The multiple colors of the lotus blossoms, each radiating its distinctive luster, creates the glory of the enlightened realm. This is the realm of the Pure Land, the world of enlightenment. But this world is not a given; it is to be realized through undergoing a radical transformation.
This transformation is suggested in the third metaphor of transformed rubble, based on scripture that reads: “We who are like bits of rubble are transformed into gold.” All-embracing and nonexclusive, this path accepts everyone, even the lowliest who are considered nothing more than “bits of rubble” in the eyes of society.

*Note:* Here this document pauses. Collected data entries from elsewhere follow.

-- ===== src/FileSeq.antt =====
-- fcfs/src/dev/file.c: the list of a file's blocks, behind the cache, and the length that the first
-- block of a file holds.
pub mod Blocks
pub mod Cached
use fcfs.Base.{
  ℕ, zero, suc, ◌+◌, ◌-◌, not, ◌&&◌, Option, none, some, List, [], ◌∷◌, ◌++◌, map, ltb, ◌==◌,
  if◌then◌else◌, length, get_or, take, drop,
}
use fcfs.Base.Bytes.{to_le, from_le}
use fcfs.Base.Monad.{fault, out_of_fuel, ◌>>=◌, ◌>>◌, pure, need}
use fcfs.Base.Words.{minus_one, u8}
use fcfs.Structs.{BlkInfo, BlockListEntry, sizeof_file_header}
use fcfs.Volume.{M}
use fcfs.Device.{get_blocks}
use fcfs.Ctable.{read_ctable}
use fcfs.Clrs.{clrs_cnt, clrs_get}
use fcfs.Seq.{sort, read_by_id, write_by_id}
use fcfs.File.{extd_blk_list}
use fcfs.Cache.{Maps, D, on_volume, new_list, list_of, set_list, cache_seq_get, cache_seq_add}

-- The links to the blocks `bids` of a cluster, with their logical numbers.
unfoldable pub cluster_links : ℕ → List BlockListEntry → List ℕ → List BlkInfo
cluster_links cid entrs bids =
    map
      (λ bid. record {
        cid = cid;
        bid = u8 bid;
        num = (get_or entrs (bid - 1) (record { fid = 0; num = 0 })).num;
      })
      bids

-- The loop over clusters of dev_get_file_seq from `i` with `left` rounds to go.
unfoldable pub collect : ℕ → ℕ → ℕ → M (List BlkInfo)
collect fid i zero = pure []
collect fid i (suc left) = do
  cid ← clrs_get fid i
  if not (fid == 0) && cid == 0 then pure [] else (do
    bl ← read_ctable cid
    let found = cluster_links cid bl.entrs (get_blocks bl.entrs fid)
    if fid == 0 then pure found else (do rest ← collect fid (i + 1) left; pure (found ++ rest)))

-- dev_get_file_seq up to the cache: a file with no block leaves a freed link as the list.
unfoldable pub read_seq : ℕ → M (List BlkInfo)
read_seq fid = do
  clust_cnt ← clrs_cnt fid
  found ← collect fid 0 clust_cnt
  elim found [
    | [] ↦ λ _. fault
    | inf ∷ l ↦ elim (sort 2 (inf ∷ l)) [ none ↦ λ _. out_of_fuel | some sorted ↦ pure sorted ]
  ]

-- `memcpy(&fh, buf, sizeof(fcfs_file_header_t))` and `memcpy(buf, &fh, sizeof(fcfs_file_header_t))`
abbrev pub header_of : List ℕ → Option ℕ
header_of buf = if ltb (length buf) sizeof_file_header then none else some (from_le (take 4 buf))

abbrev pub with_header : ℕ → List ℕ → Option (List ℕ)
with_header size buf =
    if ltb (length buf) sizeof_file_header then none else some (to_le 4 size ++ drop 4 buf)

module _ (m : Maps) where
  -- dev_get_file_seq: the list and its length
  unfoldable pub get_file_seq : ℕ → D m (ℕ × ℕ)
  get_file_seq fid = do
    t ← cache_seq_get m fid
    elim t [
      | some hit ↦ pure hit
      | none ↦ (do
        l ← on_volume m (read_seq fid)
        h ← new_list m l
        cache_seq_add m fid h
        pure (h, length l))
    ]

  -- dev_read_by_id and dev_write_by_id on a list
  abbrev pub read_from : ℕ → ℕ → ℕ → D m (Option (List ℕ))
  read_from id h seq_sz = do l ← list_of m h; on_volume m (read_by_id id l seq_sz)

  abbrev pub write_to : ℕ → List ℕ → ℕ → ℕ → D m ℕ
  write_to id buf h seq_sz = do l ← list_of m h; on_volume m (write_by_id id buf l seq_sz)

  -- dev_extd_blk_list, which appends to the list in place
  pub extend : ℕ → ℕ → ℕ → ℕ → ℕ → D m ℕ
  extend fuel h seq_sz count fid = do
    l ← list_of m h
    (new_sz, longer) ← on_volume m (extd_blk_list fuel l seq_sz count fid)
    set_list m h longer
    pure new_sz

  -- dev_file_size
  unfoldable pub file_size : ℕ → D m ℕ
  file_size fid = do
    (h, seq_sz) ← get_file_seq fid
    r ← read_from 0 h seq_sz
    elim r [ none ↦ pure minus_one | some buf ↦ need (header_of buf) ]

  -- dev_set_file_size
  unfoldable pub set_file_size : ℕ → ℕ → D m ℕ
  set_file_size fid size = do
    (h, seq_sz) ← get_file_seq fid
    r ← read_from 0 h seq_sz
    elim r [
      | none ↦ pure minus_one
      | some buf ↦ (do longer ← need (with_header size buf); write_to 0 longer h seq_sz)
    ]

But no matter who or what one is, everyone is transformed through the power of compassion to become authentically real as an awakened person. “Bits of rubble” is the realization of those who, illuminated by Immeasurable Light and Immeasurable Life that is Amida, are made to see their essential finitude, imperfection, and mortality. This realization may not sound too inspiring, but affirming one’s basic reality is the crucial factor in the transformative process. To bring about such a transformation is the sole purpose of the Primal Vow of Amida, the working of great compassion that courses through the universe.

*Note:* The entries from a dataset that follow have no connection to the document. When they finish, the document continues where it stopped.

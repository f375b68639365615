-- ===== src/Dir.antt =====
-- fcfs/src/dev/dir.c: a directory is a file of entries of 64 bytes behind the file's header.
pub mod Codec
pub mod Remove
pub mod Loops
pub mod Roundtrip
use fcfs.Base.{
  ℕ, zero, suc, ◌+◌, ◌-◌, ◌*◌, ◌/◌, Option, none, some, List, [], ◌∷◌, ◌++◌, ltb, ◌==◌,
  if◌then◌else◌, length, get_elem?, take, drop, replicate,
}
use fcfs.Base.Bytes.{to_le, from_le}
use fcfs.Base.Monad.{fault, ◌>>=◌, pure, get, need}
use fcfs.Base.Words.{is_neg, minus_one}
use fcfs.Structs.{sizeof_file_header}
use fcfs.Volume.{lblk_sz}
use fcfs.Utils.{to_blk_cnt}
use fcfs.Cache.{Maps, D}
use fcfs.FileSeq.{get_file_seq, read_from, write_to, extend}

abbrev pub max_file_name_length : ℕ
max_file_name_length = 32

abbrev pub sizeof_dir_entry : ℕ
sizeof_dir_entry = 64

-- fcfs_dir_entry_t; `name` is the array of bytes.
pub record DirEntry : Type 0 where
  pub fid : ℕ
  pub mode : ℕ
  pub ctime : ℕ
  pub atime : ℕ
  pub mtime : ℕ
  pub name : List ℕ

-- The bytes of the entries; the padding is zero.
pub encode_dir : List DirEntry → List ℕ
encode_dir [] = []
encode_dir (e ∷ es) =
    to_le 2 e.fid
    ++ (0
        ∷ 0
        ∷ (to_le 4 e.mode
            ++ (to_le 8 e.ctime
                ++ (to_le 8 e.atime ++ (to_le 8 e.mtime ++ (e.name ++ encode_dir es))))))

-- The first `n` entries in a buffer.
unfoldable pub decode_dir : ℕ → List ℕ → List DirEntry
decode_dir zero bs = []
decode_dir (suc n) bs =
    record {
      fid = from_le (take 2 bs);
      mode = from_le (take 4 (drop 4 bs));
      ctime = from_le (take 8 (drop 8 bs));
      atime = from_le (take 8 (drop 16 bs));
      mtime = from_le (take 8 (drop 24 bs));
      name = take max_file_name_length (drop 32 bs);
    }
    ∷ decode_dir n (drop max_file_name_length (drop 32 bs))

-- The directory in the blocks of its file: `none` for NULL. A length that the blocks do not have is
-- a `memcpy` behind the buffer.
unfoldable pub dir_of : List ℕ → Option (Option (List DirEntry))
dir_of dir_buf =
    let f_sz : ℕ = from_le (take 4 dir_buf) in
    if ltb (length dir_buf) sizeof_file_header
    then none
    else if f_sz == 0
    then some none
    else if ltb (length dir_buf) (sizeof_file_header + f_sz)
    then none
    else some (some (decode_dir (f_sz / sizeof_dir_entry) (drop sizeof_file_header dir_buf)))

-- The buffer of dev_write_dir in `dir_blk_cnt` blocks.
pub dir_buf_of : ℕ → ℕ → List DirEntry → List ℕ
dir_buf_of lblk dir_blk_cnt ents =
    let dir_buf_len : ℕ = length ents * sizeof_dir_entry in
    to_le 4 dir_buf_len
    ++ (encode_dir ents ++ replicate (dir_blk_cnt * lblk - (sizeof_file_header + dir_buf_len)) 0)

-- The loop of dev_rm_from_dir: the last entry takes the place of the first one with the number.
pub replace_fid : List DirEntry → DirEntry → ℕ → Option (List DirEntry)
replace_fid [] last del_id = none
replace_fid (e ∷ es) last del_id =
    let rest = replace_fid es last del_id in
    if e.fid == del_id
    then some (last ∷ es)
    else elim rest [ none ↦ none | some es' ↦ some (e ∷ es') ]

-- The entries that dev_rm_from_dir writes back; `none` when the number is not found.
pub without_fid : List DirEntry → ℕ → Option (List DirEntry)
without_fid dirs del_id = elim (get_elem? dirs (length dirs - 1)) [
  | none ↦ none
  | some last ↦ elim (replace_fid dirs last del_id) [
    | none ↦ none
    | some dirs' ↦ some (take (length dirs - 1) dirs')
  ]
]

-- the same for a directory that may be NULL
abbrev pub remaining : Option (List DirEntry) → ℕ → Option (List DirEntry)
remaining none del_id = none
remaining (some ents) del_id = without_fid ents del_id

module _ (m : Maps) where
  -- The blocks from number `i` on, `left` of them. One that is not read is left as zeros.
  pub read_blocks : ℕ → ℕ → ℕ → ℕ → D m (List ℕ)
  read_blocks h seq_sz i zero = pure []
  read_blocks h seq_sz i (suc left) = do
    d ← get
    r ← read_from m i h seq_sz
    rest ← read_blocks h seq_sz (i + 1) left
    pure (elim r [ none ↦ replicate (lblk_sz d.vol) 0 | some b ↦ b ] ++ rest)

  -- dev_read_dir
  unfoldable pub read_dir : ℕ → D m (Option (List DirEntry))
  read_dir fid = do
    (h, seq_sz) ← get_file_seq m fid
    dir_buf ← read_blocks h seq_sz 0 seq_sz
    need (dir_of dir_buf)

  -- The loop of dev_write_dir from block `i` with `left` rounds to go: the last result.
  pub write_blocks : ℕ → ℕ → ℕ → ℕ → List ℕ → ℕ → D m ℕ
  write_blocks h seq_sz i zero buf res = pure res
  write_blocks h seq_sz i (suc left) buf res = do
    d ← get
    r ← write_to m i (take (lblk_sz d.vol) buf) h seq_sz
    write_blocks h seq_sz (i + 1) left (drop (lblk_sz d.vol) buf) r

  -- dev_write_dir. A negative length is a very large one in the test of the loop, which then runs
  -- behind the buffer.
  pub write_dir : ℕ → ℕ → List DirEntry → D m ℕ
  write_dir fuel fid ents = do
    d ← get
    let dir_blk_cnt =
        to_blk_cnt (length ents * sizeof_dir_entry + sizeof_file_header) (lblk_sz d.vol)
    let dir_buf = dir_buf_of (lblk_sz d.vol) dir_blk_cnt ents
    (h, old_sz) ← get_file_seq m fid
    seq_sz ←
        if ltb old_sz dir_blk_cnt
        then extend m fuel h old_sz (dir_blk_cnt - old_sz) fid
        else pure old_sz
    if is_neg seq_sz then (λ _. fault) else write_blocks h seq_sz 0 seq_sz dir_buf 0

  -- What dev_rm_from_dir does with the remaining entries: nothing when the number was not found.
  pub write_back : ℕ → ℕ → Option (List DirEntry) → D m ℕ
  write_back fuel fid none = pure minus_one
  write_back fuel fid (some ents) = do res ← write_dir fuel fid ents; pure 0

  -- dev_rm_from_dir
  pub rm_from_dir : ℕ → ℕ → ℕ → D m ℕ
  rm_from_dir fuel fid del_id = do dirs ← read_dir fid; write_back fuel fid (remaining dirs del_id)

This metaphor of alchemical transmutation is based on the Mahayana teaching of the nonduality of samsara and nirvana, delusion and enlightenment, rubble and gold. This is not a simple identity, for it involves a dialectical tension between the two poles, between limited karmic beings
and unbounded compassion. The two remain separate, yet they are one; they are one, yet always remain separate. This requires some explanation, but before we get to that let us place the Pure Land tradition in the landscape of Buddhism, relative to other schools and denominations.
3
THE SPIRIT OF THE VALLEY
The ideal of monastic Buddhism is transcendence of mundane existence, as if one were ascending to the mountaintop. In contrast, the praxis of Pure Land Buddhism takes place by descending into the valley, the shadow of the mountains. We find a similar contrast in Chinese civilization. Like monastic Buddhism, the Confucian ideal may be symbolized by the soaring mountain peaks, manifesting the highest achievements of the literati. And like the Pure Land, Taoism is found in the valley and lowlands, a haven for those who do not fit into conventional society for whatever reason. But it is in this valley that life and creativity flourish. In the words of Tao-te-ching:
The Valley Spirit never dies.
It is named the Mysterious Female.
And the Doorway of the mysterious Female
Is the base from which Heaven and Earth sprang.
It is there within us all the while;
Draw upon it as you will, it never runs dry.

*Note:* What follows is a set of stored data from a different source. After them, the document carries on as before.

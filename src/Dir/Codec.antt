-- ===== src/Dir/Codec.antt =====
-- The byte layout of a directory, written and read.
use fcfs.Base.{
  ℕ, suc, ◌+◌, ◌-◌, ◌*◌, ◌/◌, ◌^◌, ◌<◌, ◌≡◌, refl, ap, ◌∙◌, sym, none, some, Option, Bool, true,
  false, List, [], ◌∷◌, ◌++◌, arith, All, ltb, ◌==◌, if◌then◌else◌, length, take, drop, replicate,
  append_assoc, length-append, take-append, drop-append, le→ltb,
}
use fcfs.Base.Bytes.{from_le, from_le-to_le}
use fcfs.Dir.{
  DirEntry, max_file_name_length, sizeof_dir_entry, encode_dir, decode_dir, dir_of, dir_buf_of,
}

-- An entry as the C type holds it.
pub record IsDirEntry (e : DirEntry) : Type 0 where
  pub fid : e.fid < 2 ^ 16
  pub mode : e.mode < 2 ^ 32
  pub ctime : e.ctime < 2 ^ 64
  pub atime : e.atime < 2 ^ 64
  pub mtime : e.mtime < 2 ^ 64
  pub name : length e.name ≡ max_file_name_length

pub length-encode_dir :
    (es : List DirEntry) → All IsDirEntry es → length (encode_dir es) ≡ length es * sizeof_dir_entry
unfolding encode_dir
length-encode_dir [] h = refl
length-encode_dir (e ∷ es) h =
    omega (arith, length-append e.name (encode_dir es), h.0.name, length-encode_dir es h.1)

take-name : (name bs : List ℕ) (n : ℕ) → length name ≡ n → take n (name ++ bs) ≡ name
take-name name bs n e = ap (λ k. take k (name ++ bs)) (sym e) ∙ take-append name bs

drop-name : (name bs : List ℕ) (n : ℕ) → length name ≡ n → drop n (name ++ bs) ≡ bs
drop-name name bs n e = ap (λ k. drop k (name ++ bs)) (sym e) ∙ drop-append name bs

decode_dir-encode_dir :
    (es : List DirEntry) (rest : List ℕ)
    → All IsDirEntry es
    → decode_dir (length es) (encode_dir es ++ rest) ≡ es
unfolding encode_dir decode_dir
decode_dir-encode_dir [] rest h = refl
decode_dir-encode_dir (e ∷ es) rest h =
    let tail : List ℕ = encode_dir es ++ rest in
    let split : (e.name ++ encode_dir es) ++ rest ≡ e.name ++ tail =
      append_assoc e.name (encode_dir es) rest in
    let name : take 32 ((e.name ++ encode_dir es) ++ rest) ≡ e.name =
      ap (take 32) split ∙ take-name e.name tail 32 h.0.name in
    let later : drop 32 ((e.name ++ encode_dir es) ++ rest) ≡ tail =
      ap (drop 32) split ∙ drop-name e.name tail 32 h.0.name in
    λ i.
      record {
        fid = from_le-to_le 2 e.fid h.0.fid i;
        mode = from_le-to_le 4 e.mode h.0.mode i;
        ctime = from_le-to_le 8 e.ctime h.0.ctime i;
        atime = from_le-to_le 8 e.atime h.0.atime i;
        mtime = from_le-to_le 8 e.mtime h.0.mtime i;
        name = name i;
      }
      ∷ (ap (decode_dir (length es)) later ∙ decode_dir-encode_dir es rest h.1) i

length-zero : (es : List DirEntry) → (length es * sizeof_dir_entry == 0) ≡ (length es == 0)
length-zero [] = refl
length-zero (e ∷ es) =
    let a : (suc (length es) * sizeof_dir_entry == 0) ≡ false = ground arith in
    let b : (suc (length es) == 0) ≡ false = ground arith in a ∙ sym b

-- what dev_read_dir returns for the entries that dev_write_dir was given
abbrev pub read_back : List DirEntry → Option (List DirEntry)
read_back ents = if length ents == 0 then none else some ents

if_some :
    {A : Type 0} (b : Bool) (x y : A) → (if b then some x else some y) ≡ some (if b then x else y)
if_some true x y = refl
if_some false x y = refl

dir_of_step :
    (f_sz : ℕ) (bs : List ℕ) (ents : List DirEntry)
    → f_sz ≡ length ents * sizeof_dir_entry
    → length bs ≡ 4 + f_sz + (length bs - (4 + f_sz))
    → from_le (take 4 bs) ≡ f_sz
    → decode_dir (length ents) (drop 4 bs) ≡ ents
    → dir_of bs ≡ some (read_back ents)
unfolding dir_of
dir_of_step f_sz bs ents size long first rest =
    let whole : ltb (length bs) 4 ≡ false = le→ltb _ _ (omega arith) in
    let room : ltb (length bs) (4 + f_sz) ≡ false = le→ltb _ _ (omega arith) in
    let zero_size : (f_sz == 0) ≡ (length ents == 0) = ap (λ k. k == 0) size ∙ length-zero ents in
    let count : f_sz / sizeof_dir_entry ≡ length ents = omega arith in
    rw (whole, first, zero_size, room, count, rest) (if_some (length ents == 0) none (some ents))

-- A buffer of dev_write_dir that has room for the entries is read as these entries.
pub dir_of-dir_buf_of :
    (lblk dir_blk_cnt : ℕ) (ents : List DirEntry)
    → All IsDirEntry ents
    → length ents * sizeof_dir_entry < 2 ^ 32
    → dir_of (dir_buf_of lblk dir_blk_cnt ents) ≡ some (read_back ents)
unfolding dir_buf_of
dir_of-dir_buf_of lblk dir_blk_cnt ents h small =
    let size : ℕ = length ents * sizeof_dir_entry in
    let zeros : List ℕ = replicate (dir_blk_cnt * lblk - (4 + size)) 0 in
    dir_of_step size (dir_buf_of lblk dir_blk_cnt ents) ents refl
      (omega (arith, length-append (encode_dir ents) zeros, length-encode_dir ents h))
      (from_le-to_le 4 size small) (decode_dir-encode_dir ents zeros h)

In the valley fecundity is nourished and dynamic creativity is born. From its depth comes the life force that creates Heaven and Earth. Immortalized as the Spirit of the Valley and identified with the feminine principle, its procreative vitality is inexhaustible. Hence, the name of this Taoist classic, the Way (tao) and its Power (te). The valley ultimately is the resting place for everything that is washed down from the mountaintop, collecting all kinds of refuse and garbage of society and welcoming the unwanted, the disappointed, and the broken.